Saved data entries
◇ ◇ ◇ ◇
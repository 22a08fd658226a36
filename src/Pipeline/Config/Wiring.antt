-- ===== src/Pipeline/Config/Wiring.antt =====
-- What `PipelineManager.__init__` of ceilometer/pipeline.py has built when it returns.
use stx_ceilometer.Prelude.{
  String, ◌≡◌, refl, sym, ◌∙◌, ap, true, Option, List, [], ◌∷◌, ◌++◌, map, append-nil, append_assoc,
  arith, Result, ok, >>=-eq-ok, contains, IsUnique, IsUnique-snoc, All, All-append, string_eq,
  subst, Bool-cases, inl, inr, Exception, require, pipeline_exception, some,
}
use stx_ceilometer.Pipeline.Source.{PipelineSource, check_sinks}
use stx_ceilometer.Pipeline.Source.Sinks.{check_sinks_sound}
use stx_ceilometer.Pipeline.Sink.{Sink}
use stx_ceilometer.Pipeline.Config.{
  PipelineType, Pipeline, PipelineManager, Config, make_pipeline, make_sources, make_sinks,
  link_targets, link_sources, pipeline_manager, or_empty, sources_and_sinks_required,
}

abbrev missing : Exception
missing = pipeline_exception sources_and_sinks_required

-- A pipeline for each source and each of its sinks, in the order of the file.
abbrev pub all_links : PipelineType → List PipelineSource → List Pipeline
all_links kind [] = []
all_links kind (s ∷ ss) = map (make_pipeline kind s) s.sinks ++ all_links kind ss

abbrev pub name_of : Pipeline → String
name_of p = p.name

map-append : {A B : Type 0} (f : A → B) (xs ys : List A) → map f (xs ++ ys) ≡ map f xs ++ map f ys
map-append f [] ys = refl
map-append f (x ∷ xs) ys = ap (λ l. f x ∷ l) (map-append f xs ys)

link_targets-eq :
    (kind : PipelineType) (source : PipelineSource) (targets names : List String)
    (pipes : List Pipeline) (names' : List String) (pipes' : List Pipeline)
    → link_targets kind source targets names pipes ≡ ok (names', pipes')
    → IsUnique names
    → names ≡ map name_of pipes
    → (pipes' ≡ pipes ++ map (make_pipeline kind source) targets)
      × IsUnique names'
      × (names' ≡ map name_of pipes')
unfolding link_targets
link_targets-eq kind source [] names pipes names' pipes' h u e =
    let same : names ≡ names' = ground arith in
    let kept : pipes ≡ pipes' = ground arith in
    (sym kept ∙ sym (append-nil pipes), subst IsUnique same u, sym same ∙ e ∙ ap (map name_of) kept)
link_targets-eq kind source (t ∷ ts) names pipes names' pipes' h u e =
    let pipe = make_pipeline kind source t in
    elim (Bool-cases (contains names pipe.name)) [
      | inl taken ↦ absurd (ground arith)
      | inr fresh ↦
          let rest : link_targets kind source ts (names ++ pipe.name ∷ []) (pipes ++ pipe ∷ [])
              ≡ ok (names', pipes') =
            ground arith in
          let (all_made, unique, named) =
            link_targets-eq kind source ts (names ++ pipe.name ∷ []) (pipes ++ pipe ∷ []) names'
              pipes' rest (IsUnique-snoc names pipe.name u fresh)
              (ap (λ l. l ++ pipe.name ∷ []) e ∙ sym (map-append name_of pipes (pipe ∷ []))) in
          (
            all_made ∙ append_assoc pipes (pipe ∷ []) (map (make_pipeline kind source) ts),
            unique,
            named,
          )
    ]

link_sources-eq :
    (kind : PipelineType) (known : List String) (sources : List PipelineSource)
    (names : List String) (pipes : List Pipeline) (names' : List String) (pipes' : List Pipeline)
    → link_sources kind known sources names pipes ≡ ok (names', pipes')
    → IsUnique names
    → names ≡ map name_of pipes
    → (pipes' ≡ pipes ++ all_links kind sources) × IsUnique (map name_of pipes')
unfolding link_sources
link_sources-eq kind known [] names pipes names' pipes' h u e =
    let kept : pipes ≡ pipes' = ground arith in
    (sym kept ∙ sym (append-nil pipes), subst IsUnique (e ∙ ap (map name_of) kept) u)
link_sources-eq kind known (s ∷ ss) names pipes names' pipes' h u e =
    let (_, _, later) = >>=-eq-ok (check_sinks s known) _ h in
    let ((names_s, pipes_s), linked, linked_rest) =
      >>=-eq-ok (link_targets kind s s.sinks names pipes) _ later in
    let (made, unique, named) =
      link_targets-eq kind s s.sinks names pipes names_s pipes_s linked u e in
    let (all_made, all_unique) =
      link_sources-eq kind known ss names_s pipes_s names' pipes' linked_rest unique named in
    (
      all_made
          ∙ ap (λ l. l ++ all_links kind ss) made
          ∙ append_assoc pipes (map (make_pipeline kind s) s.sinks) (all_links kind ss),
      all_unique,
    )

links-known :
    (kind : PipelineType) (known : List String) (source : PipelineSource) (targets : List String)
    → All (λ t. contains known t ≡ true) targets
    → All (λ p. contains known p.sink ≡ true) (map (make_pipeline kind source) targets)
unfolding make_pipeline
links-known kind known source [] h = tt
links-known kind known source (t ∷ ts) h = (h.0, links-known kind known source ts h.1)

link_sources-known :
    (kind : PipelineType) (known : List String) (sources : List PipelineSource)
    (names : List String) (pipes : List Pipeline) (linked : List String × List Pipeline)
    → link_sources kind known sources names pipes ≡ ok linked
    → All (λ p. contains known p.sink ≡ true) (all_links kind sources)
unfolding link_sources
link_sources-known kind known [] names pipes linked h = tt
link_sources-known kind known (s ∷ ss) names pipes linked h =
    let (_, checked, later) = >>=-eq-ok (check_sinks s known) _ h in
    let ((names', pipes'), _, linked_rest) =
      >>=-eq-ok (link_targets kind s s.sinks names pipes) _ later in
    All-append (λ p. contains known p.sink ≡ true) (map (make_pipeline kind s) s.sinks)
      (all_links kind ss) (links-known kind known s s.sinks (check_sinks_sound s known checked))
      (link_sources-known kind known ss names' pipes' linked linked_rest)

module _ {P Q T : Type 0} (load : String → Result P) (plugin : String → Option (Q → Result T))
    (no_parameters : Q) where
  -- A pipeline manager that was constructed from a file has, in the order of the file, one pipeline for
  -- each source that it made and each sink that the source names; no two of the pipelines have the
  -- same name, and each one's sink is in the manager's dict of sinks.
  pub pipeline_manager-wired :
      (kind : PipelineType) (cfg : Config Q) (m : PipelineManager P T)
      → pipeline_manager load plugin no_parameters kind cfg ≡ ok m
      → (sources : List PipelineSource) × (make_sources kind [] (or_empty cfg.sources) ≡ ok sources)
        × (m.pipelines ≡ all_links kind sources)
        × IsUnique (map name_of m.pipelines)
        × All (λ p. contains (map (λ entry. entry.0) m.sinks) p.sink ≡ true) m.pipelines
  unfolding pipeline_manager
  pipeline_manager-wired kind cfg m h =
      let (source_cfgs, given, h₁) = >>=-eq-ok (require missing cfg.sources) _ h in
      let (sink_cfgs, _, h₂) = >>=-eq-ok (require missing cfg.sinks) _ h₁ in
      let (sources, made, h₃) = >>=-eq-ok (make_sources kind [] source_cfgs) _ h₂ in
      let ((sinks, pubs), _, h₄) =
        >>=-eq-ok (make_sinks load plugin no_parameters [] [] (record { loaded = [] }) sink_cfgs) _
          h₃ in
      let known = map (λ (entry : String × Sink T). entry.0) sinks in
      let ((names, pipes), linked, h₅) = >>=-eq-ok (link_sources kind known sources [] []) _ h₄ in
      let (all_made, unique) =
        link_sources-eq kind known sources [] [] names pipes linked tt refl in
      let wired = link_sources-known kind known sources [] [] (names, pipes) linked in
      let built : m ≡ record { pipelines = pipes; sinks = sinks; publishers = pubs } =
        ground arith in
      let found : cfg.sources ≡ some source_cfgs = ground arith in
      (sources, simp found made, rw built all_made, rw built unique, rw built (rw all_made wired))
◇ ◇ ◇ ◇
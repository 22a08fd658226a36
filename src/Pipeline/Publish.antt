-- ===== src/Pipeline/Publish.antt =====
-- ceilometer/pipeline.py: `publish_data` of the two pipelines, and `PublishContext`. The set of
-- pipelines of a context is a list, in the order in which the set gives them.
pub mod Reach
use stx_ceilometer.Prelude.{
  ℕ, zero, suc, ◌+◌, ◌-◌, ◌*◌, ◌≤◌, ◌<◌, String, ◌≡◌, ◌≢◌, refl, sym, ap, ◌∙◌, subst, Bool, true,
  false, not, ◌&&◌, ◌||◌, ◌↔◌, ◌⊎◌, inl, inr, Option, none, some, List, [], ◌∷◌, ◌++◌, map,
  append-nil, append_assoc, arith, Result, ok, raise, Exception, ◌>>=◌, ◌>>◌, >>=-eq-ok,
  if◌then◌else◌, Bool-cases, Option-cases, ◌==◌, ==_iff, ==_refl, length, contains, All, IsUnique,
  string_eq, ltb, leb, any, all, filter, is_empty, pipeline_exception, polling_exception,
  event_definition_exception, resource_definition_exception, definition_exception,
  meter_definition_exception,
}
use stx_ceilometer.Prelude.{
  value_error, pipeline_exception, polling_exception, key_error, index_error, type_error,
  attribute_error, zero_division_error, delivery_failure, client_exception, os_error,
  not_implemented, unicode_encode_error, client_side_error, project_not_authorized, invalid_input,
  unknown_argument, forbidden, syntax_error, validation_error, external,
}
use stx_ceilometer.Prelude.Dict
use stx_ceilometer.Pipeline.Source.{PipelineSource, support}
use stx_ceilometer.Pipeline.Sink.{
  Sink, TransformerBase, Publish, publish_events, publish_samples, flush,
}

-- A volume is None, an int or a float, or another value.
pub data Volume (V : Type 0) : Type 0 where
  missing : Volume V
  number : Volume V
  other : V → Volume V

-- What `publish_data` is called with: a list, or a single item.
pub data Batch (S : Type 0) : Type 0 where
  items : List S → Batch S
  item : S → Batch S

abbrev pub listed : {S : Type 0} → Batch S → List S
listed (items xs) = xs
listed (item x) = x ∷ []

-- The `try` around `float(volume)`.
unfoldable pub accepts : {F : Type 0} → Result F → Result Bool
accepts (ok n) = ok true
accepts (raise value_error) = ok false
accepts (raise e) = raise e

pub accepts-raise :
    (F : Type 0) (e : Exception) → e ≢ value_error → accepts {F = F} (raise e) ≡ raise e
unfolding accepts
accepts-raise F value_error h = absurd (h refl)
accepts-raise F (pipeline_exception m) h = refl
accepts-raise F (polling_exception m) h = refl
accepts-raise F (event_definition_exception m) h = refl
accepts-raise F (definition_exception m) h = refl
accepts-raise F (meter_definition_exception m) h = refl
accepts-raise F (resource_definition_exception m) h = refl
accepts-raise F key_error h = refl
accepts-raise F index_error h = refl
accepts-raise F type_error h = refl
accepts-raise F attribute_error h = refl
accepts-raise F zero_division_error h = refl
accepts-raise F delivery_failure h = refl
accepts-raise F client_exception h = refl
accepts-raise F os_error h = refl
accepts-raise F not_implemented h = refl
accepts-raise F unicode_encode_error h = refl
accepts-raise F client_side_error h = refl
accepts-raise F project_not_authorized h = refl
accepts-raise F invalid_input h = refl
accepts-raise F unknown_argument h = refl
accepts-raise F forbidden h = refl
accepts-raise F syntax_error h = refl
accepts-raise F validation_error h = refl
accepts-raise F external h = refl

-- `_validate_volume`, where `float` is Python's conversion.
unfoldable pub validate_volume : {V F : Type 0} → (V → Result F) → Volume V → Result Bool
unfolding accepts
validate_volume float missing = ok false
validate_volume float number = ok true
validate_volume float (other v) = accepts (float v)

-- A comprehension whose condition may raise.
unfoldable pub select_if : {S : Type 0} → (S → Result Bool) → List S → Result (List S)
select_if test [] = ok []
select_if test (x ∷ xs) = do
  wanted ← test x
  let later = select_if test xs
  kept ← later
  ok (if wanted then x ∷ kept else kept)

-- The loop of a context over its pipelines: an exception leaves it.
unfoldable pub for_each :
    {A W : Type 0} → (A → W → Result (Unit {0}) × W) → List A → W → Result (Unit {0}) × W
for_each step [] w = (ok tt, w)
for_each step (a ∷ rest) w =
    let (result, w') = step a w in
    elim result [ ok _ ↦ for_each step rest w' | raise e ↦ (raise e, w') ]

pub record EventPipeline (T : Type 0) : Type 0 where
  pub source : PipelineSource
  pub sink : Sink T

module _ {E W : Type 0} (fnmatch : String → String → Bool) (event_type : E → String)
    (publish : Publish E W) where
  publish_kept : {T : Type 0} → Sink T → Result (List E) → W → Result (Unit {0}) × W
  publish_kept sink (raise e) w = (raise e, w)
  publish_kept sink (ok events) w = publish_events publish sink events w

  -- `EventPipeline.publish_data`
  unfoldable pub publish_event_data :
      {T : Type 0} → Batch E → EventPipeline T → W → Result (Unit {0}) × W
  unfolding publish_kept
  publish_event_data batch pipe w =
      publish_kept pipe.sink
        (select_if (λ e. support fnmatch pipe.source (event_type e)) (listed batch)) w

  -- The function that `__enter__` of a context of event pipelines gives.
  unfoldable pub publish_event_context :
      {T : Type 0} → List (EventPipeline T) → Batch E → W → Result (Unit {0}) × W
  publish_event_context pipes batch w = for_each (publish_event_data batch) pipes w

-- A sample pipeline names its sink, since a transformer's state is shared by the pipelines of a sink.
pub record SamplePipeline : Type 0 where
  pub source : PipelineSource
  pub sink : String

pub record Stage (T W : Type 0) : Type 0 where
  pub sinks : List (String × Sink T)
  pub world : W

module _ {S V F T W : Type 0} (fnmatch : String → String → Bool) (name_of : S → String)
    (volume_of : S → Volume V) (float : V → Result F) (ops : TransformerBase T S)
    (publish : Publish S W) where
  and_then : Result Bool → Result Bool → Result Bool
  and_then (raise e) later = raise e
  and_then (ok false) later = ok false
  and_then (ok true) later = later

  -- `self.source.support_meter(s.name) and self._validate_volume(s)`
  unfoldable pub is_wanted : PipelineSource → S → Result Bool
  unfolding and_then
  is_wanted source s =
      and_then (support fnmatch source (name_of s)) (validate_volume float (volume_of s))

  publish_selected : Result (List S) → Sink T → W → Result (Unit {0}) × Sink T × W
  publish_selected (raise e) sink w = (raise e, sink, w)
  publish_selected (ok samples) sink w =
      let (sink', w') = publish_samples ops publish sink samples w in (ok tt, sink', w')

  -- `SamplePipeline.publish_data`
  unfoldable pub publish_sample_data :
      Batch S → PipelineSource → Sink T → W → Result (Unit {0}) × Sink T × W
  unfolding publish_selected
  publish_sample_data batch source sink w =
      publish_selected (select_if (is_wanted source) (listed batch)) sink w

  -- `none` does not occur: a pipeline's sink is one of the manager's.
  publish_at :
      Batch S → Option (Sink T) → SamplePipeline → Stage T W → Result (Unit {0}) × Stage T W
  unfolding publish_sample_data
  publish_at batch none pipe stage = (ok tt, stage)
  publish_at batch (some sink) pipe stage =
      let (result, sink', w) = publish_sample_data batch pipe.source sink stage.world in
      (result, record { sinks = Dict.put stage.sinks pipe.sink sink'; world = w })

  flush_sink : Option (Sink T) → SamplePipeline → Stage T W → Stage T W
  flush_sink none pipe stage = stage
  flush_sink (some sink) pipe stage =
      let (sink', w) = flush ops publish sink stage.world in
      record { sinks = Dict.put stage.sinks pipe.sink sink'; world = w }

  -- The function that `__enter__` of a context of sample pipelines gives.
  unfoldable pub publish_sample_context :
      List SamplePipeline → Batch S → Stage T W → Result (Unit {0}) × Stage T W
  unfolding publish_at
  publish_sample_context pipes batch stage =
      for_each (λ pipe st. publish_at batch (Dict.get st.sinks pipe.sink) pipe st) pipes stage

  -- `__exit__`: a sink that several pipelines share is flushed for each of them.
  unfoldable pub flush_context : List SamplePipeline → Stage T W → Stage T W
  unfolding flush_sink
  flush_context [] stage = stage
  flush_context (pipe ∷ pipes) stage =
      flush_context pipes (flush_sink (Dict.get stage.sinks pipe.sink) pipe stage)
◇ ◇ ◇ ◇
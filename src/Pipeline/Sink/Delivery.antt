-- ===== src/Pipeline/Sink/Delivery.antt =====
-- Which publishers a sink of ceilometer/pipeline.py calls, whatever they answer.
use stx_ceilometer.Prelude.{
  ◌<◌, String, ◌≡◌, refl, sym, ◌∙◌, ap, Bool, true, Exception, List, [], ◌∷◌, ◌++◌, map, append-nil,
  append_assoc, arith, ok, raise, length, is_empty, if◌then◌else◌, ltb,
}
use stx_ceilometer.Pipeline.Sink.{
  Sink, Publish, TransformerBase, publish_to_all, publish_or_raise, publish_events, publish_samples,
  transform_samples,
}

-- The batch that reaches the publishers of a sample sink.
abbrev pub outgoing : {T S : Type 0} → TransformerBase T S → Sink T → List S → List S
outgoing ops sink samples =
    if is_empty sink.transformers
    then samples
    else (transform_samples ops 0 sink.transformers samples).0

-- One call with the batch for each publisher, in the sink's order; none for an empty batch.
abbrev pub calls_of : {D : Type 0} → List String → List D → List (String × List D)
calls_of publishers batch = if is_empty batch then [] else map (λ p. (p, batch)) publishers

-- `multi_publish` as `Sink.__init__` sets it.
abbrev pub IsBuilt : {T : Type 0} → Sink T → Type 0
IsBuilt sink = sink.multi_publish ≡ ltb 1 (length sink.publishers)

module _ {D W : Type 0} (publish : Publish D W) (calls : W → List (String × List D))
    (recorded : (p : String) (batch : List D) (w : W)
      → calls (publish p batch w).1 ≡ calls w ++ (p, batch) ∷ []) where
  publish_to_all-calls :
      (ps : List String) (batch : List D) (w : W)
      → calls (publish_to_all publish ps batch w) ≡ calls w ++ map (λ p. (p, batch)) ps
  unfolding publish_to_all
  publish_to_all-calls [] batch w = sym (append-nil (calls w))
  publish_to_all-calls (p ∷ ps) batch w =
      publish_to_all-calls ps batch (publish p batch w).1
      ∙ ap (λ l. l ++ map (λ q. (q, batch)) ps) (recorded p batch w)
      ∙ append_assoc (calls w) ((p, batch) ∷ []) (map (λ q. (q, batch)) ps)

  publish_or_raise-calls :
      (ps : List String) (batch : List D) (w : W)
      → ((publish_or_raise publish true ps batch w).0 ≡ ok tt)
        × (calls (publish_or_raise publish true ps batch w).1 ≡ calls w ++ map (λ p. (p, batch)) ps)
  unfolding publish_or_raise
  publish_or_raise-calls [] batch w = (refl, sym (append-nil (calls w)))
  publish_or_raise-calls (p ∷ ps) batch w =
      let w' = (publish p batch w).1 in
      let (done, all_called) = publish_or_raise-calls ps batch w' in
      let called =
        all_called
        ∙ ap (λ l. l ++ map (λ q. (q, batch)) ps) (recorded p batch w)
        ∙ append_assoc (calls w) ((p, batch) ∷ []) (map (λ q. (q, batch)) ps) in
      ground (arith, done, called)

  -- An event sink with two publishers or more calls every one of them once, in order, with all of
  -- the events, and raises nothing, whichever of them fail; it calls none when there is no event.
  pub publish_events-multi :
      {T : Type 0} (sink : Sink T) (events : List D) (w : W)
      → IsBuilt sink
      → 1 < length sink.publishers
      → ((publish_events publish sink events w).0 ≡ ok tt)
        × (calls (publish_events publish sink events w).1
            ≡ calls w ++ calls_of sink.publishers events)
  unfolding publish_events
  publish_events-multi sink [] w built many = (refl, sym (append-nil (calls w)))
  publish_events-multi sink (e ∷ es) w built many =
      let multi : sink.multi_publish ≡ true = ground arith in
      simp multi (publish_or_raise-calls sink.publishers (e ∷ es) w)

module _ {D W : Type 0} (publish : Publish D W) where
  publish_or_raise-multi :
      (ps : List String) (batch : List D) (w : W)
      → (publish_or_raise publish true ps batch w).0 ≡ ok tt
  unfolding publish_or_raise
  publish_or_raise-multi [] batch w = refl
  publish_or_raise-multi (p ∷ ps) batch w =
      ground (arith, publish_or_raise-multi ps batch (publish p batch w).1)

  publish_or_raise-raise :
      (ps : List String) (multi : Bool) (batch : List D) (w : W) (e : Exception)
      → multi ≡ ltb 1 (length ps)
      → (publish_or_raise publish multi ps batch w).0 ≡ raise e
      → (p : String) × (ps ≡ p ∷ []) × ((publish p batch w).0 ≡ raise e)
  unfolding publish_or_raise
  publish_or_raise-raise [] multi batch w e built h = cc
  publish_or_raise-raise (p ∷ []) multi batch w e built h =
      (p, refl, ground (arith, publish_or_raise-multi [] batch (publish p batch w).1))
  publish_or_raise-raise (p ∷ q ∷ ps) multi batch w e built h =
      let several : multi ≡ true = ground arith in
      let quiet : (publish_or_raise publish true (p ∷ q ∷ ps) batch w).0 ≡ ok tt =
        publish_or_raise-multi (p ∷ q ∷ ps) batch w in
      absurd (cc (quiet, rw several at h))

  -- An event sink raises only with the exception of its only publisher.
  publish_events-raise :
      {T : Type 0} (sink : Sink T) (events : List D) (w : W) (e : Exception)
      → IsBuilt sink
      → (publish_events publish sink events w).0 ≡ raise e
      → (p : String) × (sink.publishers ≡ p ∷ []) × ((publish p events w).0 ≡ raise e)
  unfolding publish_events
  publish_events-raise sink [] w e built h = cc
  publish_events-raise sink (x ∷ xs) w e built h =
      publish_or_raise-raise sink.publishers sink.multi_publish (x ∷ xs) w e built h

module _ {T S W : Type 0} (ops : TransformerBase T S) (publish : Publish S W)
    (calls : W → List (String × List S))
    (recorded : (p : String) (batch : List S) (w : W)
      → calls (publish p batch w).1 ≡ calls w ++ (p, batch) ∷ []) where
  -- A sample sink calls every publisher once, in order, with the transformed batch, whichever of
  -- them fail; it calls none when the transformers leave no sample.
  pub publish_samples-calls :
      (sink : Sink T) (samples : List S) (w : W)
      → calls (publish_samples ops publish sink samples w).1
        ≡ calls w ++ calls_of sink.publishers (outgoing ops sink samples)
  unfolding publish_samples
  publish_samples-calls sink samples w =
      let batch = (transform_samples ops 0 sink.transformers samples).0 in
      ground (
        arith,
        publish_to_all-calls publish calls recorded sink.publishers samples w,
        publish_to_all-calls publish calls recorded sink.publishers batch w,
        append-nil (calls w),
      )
◇ ◇ ◇ ◇
Throughout the data above, copy all lines where the word "module" is found.

* Output below:
module _ {P Q T : Type 0} (load : String → Result P) (plugin : String → Option (Q → Result T))
module _ {E W : Type 0} (fnmatch : String → String → Bool) (event_type : E → String)
module _ {S V F T W : Type 0} (fnmatch : String → String → Bool) (name_of : S → String)
module _ {D W : Type 0} (publish : Publish D W) (calls : W → List (String × List D))
module _ {D W : Type 0} (publish : Publish D W) where
module _ {T S W : Type 0} (ops : TransformerBase T S) (publish : Publish S W)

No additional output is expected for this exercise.